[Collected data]
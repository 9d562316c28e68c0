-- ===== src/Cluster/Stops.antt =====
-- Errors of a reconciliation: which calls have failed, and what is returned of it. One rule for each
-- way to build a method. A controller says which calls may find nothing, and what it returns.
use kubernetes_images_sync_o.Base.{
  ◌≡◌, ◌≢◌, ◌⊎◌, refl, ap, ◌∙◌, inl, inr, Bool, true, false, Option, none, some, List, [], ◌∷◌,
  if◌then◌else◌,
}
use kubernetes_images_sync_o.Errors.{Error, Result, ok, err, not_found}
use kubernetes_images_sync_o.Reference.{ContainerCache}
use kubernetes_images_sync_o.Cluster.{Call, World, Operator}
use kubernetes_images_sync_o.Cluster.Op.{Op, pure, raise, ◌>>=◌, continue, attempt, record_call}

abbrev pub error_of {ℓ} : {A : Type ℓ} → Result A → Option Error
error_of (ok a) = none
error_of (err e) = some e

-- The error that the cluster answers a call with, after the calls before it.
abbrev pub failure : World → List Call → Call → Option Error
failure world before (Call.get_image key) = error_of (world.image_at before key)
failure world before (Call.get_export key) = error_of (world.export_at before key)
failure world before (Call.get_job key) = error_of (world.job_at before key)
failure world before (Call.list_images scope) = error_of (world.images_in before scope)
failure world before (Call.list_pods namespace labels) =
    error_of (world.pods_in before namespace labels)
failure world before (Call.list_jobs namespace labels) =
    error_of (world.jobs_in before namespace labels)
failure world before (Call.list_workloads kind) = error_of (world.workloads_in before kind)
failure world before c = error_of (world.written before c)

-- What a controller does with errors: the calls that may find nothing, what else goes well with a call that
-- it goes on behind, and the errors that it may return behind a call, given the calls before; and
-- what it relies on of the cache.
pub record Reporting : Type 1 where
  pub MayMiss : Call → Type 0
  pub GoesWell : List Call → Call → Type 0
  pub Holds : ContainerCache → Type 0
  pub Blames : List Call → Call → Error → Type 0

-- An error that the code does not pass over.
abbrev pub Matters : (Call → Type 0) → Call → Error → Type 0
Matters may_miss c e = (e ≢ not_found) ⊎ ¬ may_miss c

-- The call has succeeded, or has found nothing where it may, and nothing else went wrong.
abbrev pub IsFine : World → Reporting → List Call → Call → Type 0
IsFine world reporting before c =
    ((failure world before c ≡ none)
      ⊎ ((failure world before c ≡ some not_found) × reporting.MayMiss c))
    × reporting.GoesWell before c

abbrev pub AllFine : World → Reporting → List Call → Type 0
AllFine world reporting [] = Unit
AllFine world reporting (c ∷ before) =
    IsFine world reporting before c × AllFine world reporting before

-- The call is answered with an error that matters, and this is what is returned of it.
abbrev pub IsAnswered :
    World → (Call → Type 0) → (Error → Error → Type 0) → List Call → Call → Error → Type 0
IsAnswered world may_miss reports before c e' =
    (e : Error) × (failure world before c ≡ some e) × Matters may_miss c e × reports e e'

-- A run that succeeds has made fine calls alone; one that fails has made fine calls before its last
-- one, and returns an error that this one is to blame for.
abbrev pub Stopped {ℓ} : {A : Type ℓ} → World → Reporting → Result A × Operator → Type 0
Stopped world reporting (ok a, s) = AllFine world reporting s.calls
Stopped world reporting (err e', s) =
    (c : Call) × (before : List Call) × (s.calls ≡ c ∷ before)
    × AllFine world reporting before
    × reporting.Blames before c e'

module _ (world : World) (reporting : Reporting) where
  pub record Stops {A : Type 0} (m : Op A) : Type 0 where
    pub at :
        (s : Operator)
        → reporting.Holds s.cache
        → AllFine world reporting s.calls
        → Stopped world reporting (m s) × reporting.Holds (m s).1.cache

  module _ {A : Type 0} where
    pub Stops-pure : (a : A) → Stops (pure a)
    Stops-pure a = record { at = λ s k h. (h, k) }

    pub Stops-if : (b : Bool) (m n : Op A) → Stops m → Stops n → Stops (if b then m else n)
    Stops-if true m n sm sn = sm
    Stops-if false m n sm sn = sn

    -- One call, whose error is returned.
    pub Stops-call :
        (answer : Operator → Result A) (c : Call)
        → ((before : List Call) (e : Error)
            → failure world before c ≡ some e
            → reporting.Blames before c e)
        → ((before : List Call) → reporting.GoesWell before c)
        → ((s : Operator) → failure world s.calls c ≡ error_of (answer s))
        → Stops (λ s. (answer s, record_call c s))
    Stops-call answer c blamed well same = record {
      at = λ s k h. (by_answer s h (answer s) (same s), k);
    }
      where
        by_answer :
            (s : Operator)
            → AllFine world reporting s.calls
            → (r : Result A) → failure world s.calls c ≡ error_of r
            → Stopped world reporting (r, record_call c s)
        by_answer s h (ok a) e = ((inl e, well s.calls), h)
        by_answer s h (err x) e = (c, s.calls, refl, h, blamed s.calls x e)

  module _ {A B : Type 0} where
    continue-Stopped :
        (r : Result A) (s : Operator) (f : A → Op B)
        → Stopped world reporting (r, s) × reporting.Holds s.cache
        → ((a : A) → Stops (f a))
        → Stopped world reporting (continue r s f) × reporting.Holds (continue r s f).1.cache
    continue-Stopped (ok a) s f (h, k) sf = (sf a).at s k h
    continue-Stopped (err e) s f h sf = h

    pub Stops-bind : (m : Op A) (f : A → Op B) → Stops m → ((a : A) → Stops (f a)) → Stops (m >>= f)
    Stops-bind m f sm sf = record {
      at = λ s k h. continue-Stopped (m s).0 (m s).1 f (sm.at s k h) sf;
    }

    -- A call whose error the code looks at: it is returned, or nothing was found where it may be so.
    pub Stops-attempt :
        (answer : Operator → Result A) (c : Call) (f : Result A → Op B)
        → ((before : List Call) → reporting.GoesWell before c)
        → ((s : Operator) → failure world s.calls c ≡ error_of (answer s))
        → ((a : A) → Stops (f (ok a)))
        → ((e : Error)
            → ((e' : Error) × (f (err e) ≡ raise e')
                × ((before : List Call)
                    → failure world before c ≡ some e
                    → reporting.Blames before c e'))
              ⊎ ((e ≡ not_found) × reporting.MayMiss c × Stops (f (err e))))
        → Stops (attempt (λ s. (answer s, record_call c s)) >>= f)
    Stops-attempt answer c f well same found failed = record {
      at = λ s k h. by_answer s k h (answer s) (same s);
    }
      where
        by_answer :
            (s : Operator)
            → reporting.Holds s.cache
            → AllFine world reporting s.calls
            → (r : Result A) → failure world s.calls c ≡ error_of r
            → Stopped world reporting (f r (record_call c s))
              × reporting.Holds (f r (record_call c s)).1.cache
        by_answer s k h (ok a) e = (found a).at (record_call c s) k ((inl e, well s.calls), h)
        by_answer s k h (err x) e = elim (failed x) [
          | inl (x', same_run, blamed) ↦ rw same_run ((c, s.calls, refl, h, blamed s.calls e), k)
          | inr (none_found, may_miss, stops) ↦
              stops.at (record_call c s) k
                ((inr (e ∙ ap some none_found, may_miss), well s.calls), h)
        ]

==

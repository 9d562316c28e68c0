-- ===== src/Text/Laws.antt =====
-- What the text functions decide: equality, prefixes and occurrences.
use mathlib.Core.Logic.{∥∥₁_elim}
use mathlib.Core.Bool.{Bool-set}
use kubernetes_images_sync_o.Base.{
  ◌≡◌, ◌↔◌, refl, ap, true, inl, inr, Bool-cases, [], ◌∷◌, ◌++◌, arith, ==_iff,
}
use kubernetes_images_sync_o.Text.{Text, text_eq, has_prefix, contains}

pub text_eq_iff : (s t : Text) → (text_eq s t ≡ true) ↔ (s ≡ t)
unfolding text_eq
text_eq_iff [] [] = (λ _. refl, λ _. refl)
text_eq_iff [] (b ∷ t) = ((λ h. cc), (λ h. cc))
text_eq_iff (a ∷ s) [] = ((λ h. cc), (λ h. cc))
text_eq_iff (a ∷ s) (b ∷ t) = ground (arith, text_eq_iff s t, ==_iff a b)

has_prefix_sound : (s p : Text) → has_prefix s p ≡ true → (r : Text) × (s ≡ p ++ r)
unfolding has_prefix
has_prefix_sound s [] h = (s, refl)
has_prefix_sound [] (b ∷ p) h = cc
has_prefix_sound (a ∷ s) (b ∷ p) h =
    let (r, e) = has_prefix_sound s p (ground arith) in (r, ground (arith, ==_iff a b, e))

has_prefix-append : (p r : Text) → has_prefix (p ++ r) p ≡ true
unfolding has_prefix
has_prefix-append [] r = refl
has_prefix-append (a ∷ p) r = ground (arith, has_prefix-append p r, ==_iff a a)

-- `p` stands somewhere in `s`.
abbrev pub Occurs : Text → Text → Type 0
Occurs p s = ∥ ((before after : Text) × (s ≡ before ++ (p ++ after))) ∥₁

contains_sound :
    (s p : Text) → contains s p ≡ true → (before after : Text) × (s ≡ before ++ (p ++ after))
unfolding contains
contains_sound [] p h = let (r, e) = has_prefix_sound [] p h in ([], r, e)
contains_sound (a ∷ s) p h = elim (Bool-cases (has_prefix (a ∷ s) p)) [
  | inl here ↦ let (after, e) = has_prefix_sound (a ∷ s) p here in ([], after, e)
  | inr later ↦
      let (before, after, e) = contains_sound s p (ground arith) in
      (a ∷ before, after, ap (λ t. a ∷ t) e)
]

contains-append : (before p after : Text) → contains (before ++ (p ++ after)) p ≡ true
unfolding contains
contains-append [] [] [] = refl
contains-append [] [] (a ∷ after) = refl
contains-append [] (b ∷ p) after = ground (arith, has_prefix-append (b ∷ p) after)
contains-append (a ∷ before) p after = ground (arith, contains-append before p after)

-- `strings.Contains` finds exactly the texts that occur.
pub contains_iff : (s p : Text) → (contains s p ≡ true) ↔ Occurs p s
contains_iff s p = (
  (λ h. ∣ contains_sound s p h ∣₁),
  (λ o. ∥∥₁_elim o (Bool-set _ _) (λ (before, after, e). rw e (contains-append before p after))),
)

Task prompt — In the records above, find each line that holds the word "GoesWell"; copy all such lines.

Answer space —
  pub GoesWell : List Call → Call → Type 0
    × reporting.GoesWell before c
        → ((before : List Call) → reporting.GoesWell before c)
        → ((before : List Call) → reporting.GoesWell before c)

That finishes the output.